I recently made a journey of a thousand miles from Chicago to Denver. Here I am in the West! Colorado is big-sky-beautiful country. I love the light. The light here is extraordinary.
In honor of this momentous change, I wanted to post a poem by Mary Crow, a former poet laureate of the state of Colorado, a poet who pays attention to light — and many other things. In addition to being a poet, Mary Crow is a teacher and translator. Her poem below translates the light.
“The Morning of Morning”
Why let it matter so much?: the morning’s morningness,
early dark modulating into light
and the tall thin spruces jabbing their black outlines at dawn,
light touching the slope’s outcroppings of rock and yellow grass,
as I sit curled under blankets in the world
after the world Descartes shattered,
a monstrous fracture
like the creek’s water surging through broken ice.
A silent wind bounces spruce branches
in that motion that sets molecules vibrating latitude by latitude
to crack the absolute
of feeling, of knowing what I know, of knowing who I am,
while down the road the town wakes to hammer and saw—
a sound that says to some, if you don’t grow you’re dead—
and then farther down the elk and deer gather
at a farmer’s fence for his handout of hay.

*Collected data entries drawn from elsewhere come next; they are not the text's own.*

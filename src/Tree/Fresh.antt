-- ===== src/Tree/Fresh.antt =====
-- A tree as `treeAlloc` makes it.
use okscada.Prelude.{ℕ, zero, suc, ◌≡◌, refl, get_or, replicate, length-replicate, arith}
use okscada.Tree.{new_tree, descend}
use okscada.Tree.Walk.{miss, nchars, walk}
use okscada.Tree.Insert.{IsSound}

zeros-get : (n i : ℕ) → get_or {A = ℕ} (replicate n 0) i 0 ≡ 0
zeros-get zero i = refl
zeros-get (suc n) zero = refl
zeros-get (suc n) (suc i) = zeros-get n i

pub fresh-IsSound : (fence : ℕ) → IsSound (new_tree fence)
fresh-IsSound fence = record {
  up = record {
    nonempty = omega arith;
    up = λ i k a b _. absurd (omega arith);
    four = λ i a b. absurd (omega arith);
  };
  root_size = length-replicate {A = ℕ} nchars 0;
  roots = λ l _. rw (zeros-get nchars l) (omega arith);
}

pub fresh-descend : (q : ℕ → ℕ → ℕ) (fence s : ℕ) → descend q (new_tree fence) s ≡ miss 0 0 0
unfolding walk
fresh-descend q fence s = rw (zeros-get nchars s)
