-- ===== src/Tree/Walk/Store.antt =====
-- Writing the value of a node changes no walk.
use okscada.Prelude.{
  ℕ, zero, suc, ◌+◌, ◌<◌, ◌≡◌, refl, ap, ◌≢◌, List, length, get_or, set, arith, length-set,
  get_or-set_self, get_or-set_ne,
}
use native.Mathlib.Decide.{ℕ_discrete}
use okscada.Tree.Walk.{TreeNode, null_node, node, branch, walk}
use okscada.Tree.Walk.Links.{LinksUp}

module _ (e : List TreeNode) (i v : ℕ) where
  abbrev pub stored : List TreeNode
  stored = set e i (record (node e i) { val = v })

  pub node-stored_self : i < length e → node stored i ≡ record (node e i) { val = v }
  node-stored_self h = get_or-set_self e i _ null_node h

  pub node-stored_ne : (j : ℕ) → i ≢ j → node stored j ≡ node e j
  node-stored_ne j ne = get_or-set_ne e i j _ null_node ne

  pub length-stored : length stored ≡ length e
  length-stored = length-set e i (record (node e i) { val = v })

  -- Only the value of node `i` differs.
  pub node-stored :
      (j : ℕ) → i < length e → (w : ℕ) × (node stored j ≡ record (node e j) { val = w })
  node-stored j h = elim (ℕ_discrete i j) [
    | yes z ↦ (v, rw (← z) (node-stored_self h))
    | no ne ↦ ((node e j).val, node-stored_ne j ne)
  ]

  pub link-stored : (j : ℕ) → i < length e → (node stored j).link ≡ (node e j).link
  link-stored j h = ap (λ m. m.link) (node-stored j h).1

  pub key-stored : (j : ℕ) → i < length e → (node stored j).key ≡ (node e j).key
  key-stored j h = ap (λ m. m.key) (node-stored j h).1

  len-stored : (j : ℕ) → i < length e → (node stored j).len ≡ (node e j).len
  len-stored j h = ap (λ m. m.len) (node-stored j h).1

  pub stored-LinksUp : i < length e → LinksUp e → LinksUp stored
  stored-LinksUp h up = record {
    nonempty = omega (arith, length-stored, up.nonempty);
    up = λ j k a b m.
        rw (link-stored j h, length-stored) (up.up j k a (omega (arith, length-stored)) m);
    four = λ j a b. rw (link-stored j h) (up.four j a (omega (arith, length-stored)));
  }

  pub walk-stored :
      (probe : ℕ → ℕ → ℕ)
      → i < length e
      → (fuel j a b c : ℕ) → walk probe fuel stored j a b c ≡ walk probe fuel e j a b c
  unfolding walk
  walk-stored probe h zero j a b c = refl
  walk-stored probe h (suc fuel) j a b c = ground (
    arith,
    key-stored j h,
    len-stored j h,
    link-stored j h,
    walk-stored probe h fuel (get_or (node e j).link (branch probe (node e j)) 0) j
        (branch probe (node e j)) (c + 1),
  )
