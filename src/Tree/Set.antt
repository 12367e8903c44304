-- ===== src/Tree/Set.antt =====
-- `treeNumFindInternal` with a new value: the node that the search found gets it.
use okscada.Prelude.{
  ℕ, ◌^◌, ◌<◌, ◌≡◌, refl, sym, ap, ◌≢◌, ◌⊎◌, inl, inr, Bool, true, false, Option, none, some,
  length, get_or, arith, ==_false, ==_refl,
}
use native.Mathlib.Decide.{ℕ_discrete}
use okscada.Tree.{Tree, descend, num_probe, num_root, tree_num_find_set, store_val}
use okscada.Tree.Walk.{Outcome, hit, miss, lost, found}
use okscada.Tree.Walk.Store.{
  stored, node-stored_self, node-stored_ne, length-stored, key-stored, stored-LinksUp, walk-stored,
}
use okscada.Tree.Insert.{descend-Matches}
use okscada.Tree.Numeric.{IsNumeric, Updated, num_lookup, value, sized, guard-IsNumeric}

module _ (t : Tree) (i v m : ℕ) (w : IsNumeric t) (b : i < length t.e_arr) where
  abbrev with_value : Tree
  with_value = record t { e_arr = stored t.e_arr i v; max_lev = m }

  with_value-IsNumeric : IsNumeric with_value
  with_value-IsNumeric = record {
    sound = record {
      up = stored-LinksUp t.e_arr i v b w.sound.up;
      root_size = w.sound.root_size;
      roots = λ l h. rw (length-stored t.e_arr i v) (w.sound.roots l h);
    };
    numeric = w.numeric;
    good = w.good;
    keys =
        λ k a h. rw (key-stored t.e_arr i v k b) (w.keys k a (rw (length-stored t.e_arr i v) at h));
  }

  descend-with_value : (q : ℕ → ℕ → ℕ) (s : ℕ) → descend q with_value s ≡ descend q t s
  descend-with_value q s =
      rw (length-stored t.e_arr i v)
        (walk-stored t.e_arr i v q b (length t.e_arr) (get_or t.root s 0) 0 0 0)

  value-with_value : (o : Option ℕ) → o ≢ some i → value with_value o ≡ value t o
  value-with_value none ne = refl
  value-with_value (some k) ne =
      ap (λ n. some n.val) (node-stored_ne t.e_arr i v k (λ e. ne (ap some (sym e))))

  -- The node of another key is another node.
  found_ne :
      (key j : ℕ)
      → j ≢ key
      → key < 2 ^ 32
      → j < 2 ^ 32
      → found (descend (num_probe key) t (num_root key)) ≡ some i
      → found (descend (num_probe j) t (num_root j)) ≢ some i
  found_ne key j ne h l e e' =
      let (a, _, p) = descend-Matches (num_probe key) t (num_root key) i w.sound (omega arith) e in
      let (_, _, q) = descend-Matches (num_probe j) t (num_root j) i w.sound (omega arith) e' in
      let k = w.keys i a b in ne (omega arith)

  pub with_value-Updated :
      (key : ℕ)
      → key < 2 ^ 32
      → found (descend (num_probe key) t (num_root key)) ≡ some i
      → Updated t with_value key v
  unfolding num_lookup
  with_value-Updated key h e = record {
    numeric = with_value-IsNumeric;
    lookups = λ j l. elim (ℕ_discrete j key) [
      | yes z ↦
          rw (z, ==_refl key, descend-with_value (num_probe key) (num_root key), e)
            (ap (λ n. some n.val) (node-stored_self t.e_arr i v b))
      | no ne ↦
          rw (==_false j key ne, descend-with_value (num_probe j) (num_root j))
            (value-with_value _ (found_ne key j ne h l e))
    ];
  }

-- The search finds the key and stores the value, or changes nothing but the statistics.
abbrev pub SetCases : Tree → ℕ → ℕ → Tree × Bool → Type 0
SetCases t key v r =
    ((u : Tree) × (r ≡ (u, true)) × Updated t u key v)
    ⊎ ((m : ℕ) × (r ≡ (sized t t.e_lim m, false)) × (num_lookup t key ≡ none))

store-cases :
    (t : Tree) (key v : ℕ) (o : Outcome)
    → IsNumeric t
    → key < 2 ^ 32
    → descend (num_probe key) t (num_root key) ≡ o
    → SetCases t key v (store_val t o v)
unfolding num_lookup sized
store-cases t key v (hit i lev) w h e =
    let f : found (descend (num_probe key) t (num_root key)) ≡ some i = ap found e in
    let (_, b, _) = descend-Matches (num_probe key) t (num_root key) i w.sound (omega arith) f in
    inl (_, refl, with_value-Updated t i v _ w b key h f)
store-cases t key v (miss pno k lev) w h e = inr (_, refl, ap (λ o. value t (found o)) e)
store-cases t key v lost w h e = inr (t.max_lev, refl, ap (λ o. value t (found o)) e)

pub find_set-cases :
    (t : Tree) (key v : ℕ)
    → IsNumeric t
    → key < 2 ^ 32
    → SetCases t key v (tree_num_find_set t key v)
unfolding tree_num_find_set
find_set-cases t key v w h =
    rw (guard-IsNumeric t w)
      (store-cases t key v (descend (num_probe key) t (num_root key)) w h refl)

Late January: just outside Rocky Mountain National Park:
a high branch of ponderosa offers a rosette
of needles blackgreen and splayed as in a Japanese scroll painting,
which is beautiful if I focus there and not on the sprawl I’m part of
in this rented condo where I don’t want to live since I, too, need
more rooms to haul my coffee to, more bookshelves for books
I haven’t time to read—bird chatter!—I shouldn’t make one more resolution
I can’t keep to spend more time with friends.
But it’s morning and morning’s my time of day
as spring’s my season; more light, I say.
I do regret some things I’ve done and if I could,
I’d do things differently: start sooner, say, look deeper.
One flake of snow drifts down slantwise,
a lovely interruption to my tirade—
as each aspen is to the larger groves of taller firs—
and brings me back to what’s happening here.
Mary Crow
first published in Ploughshares
“A journey of a thousand miles begins with a single step.”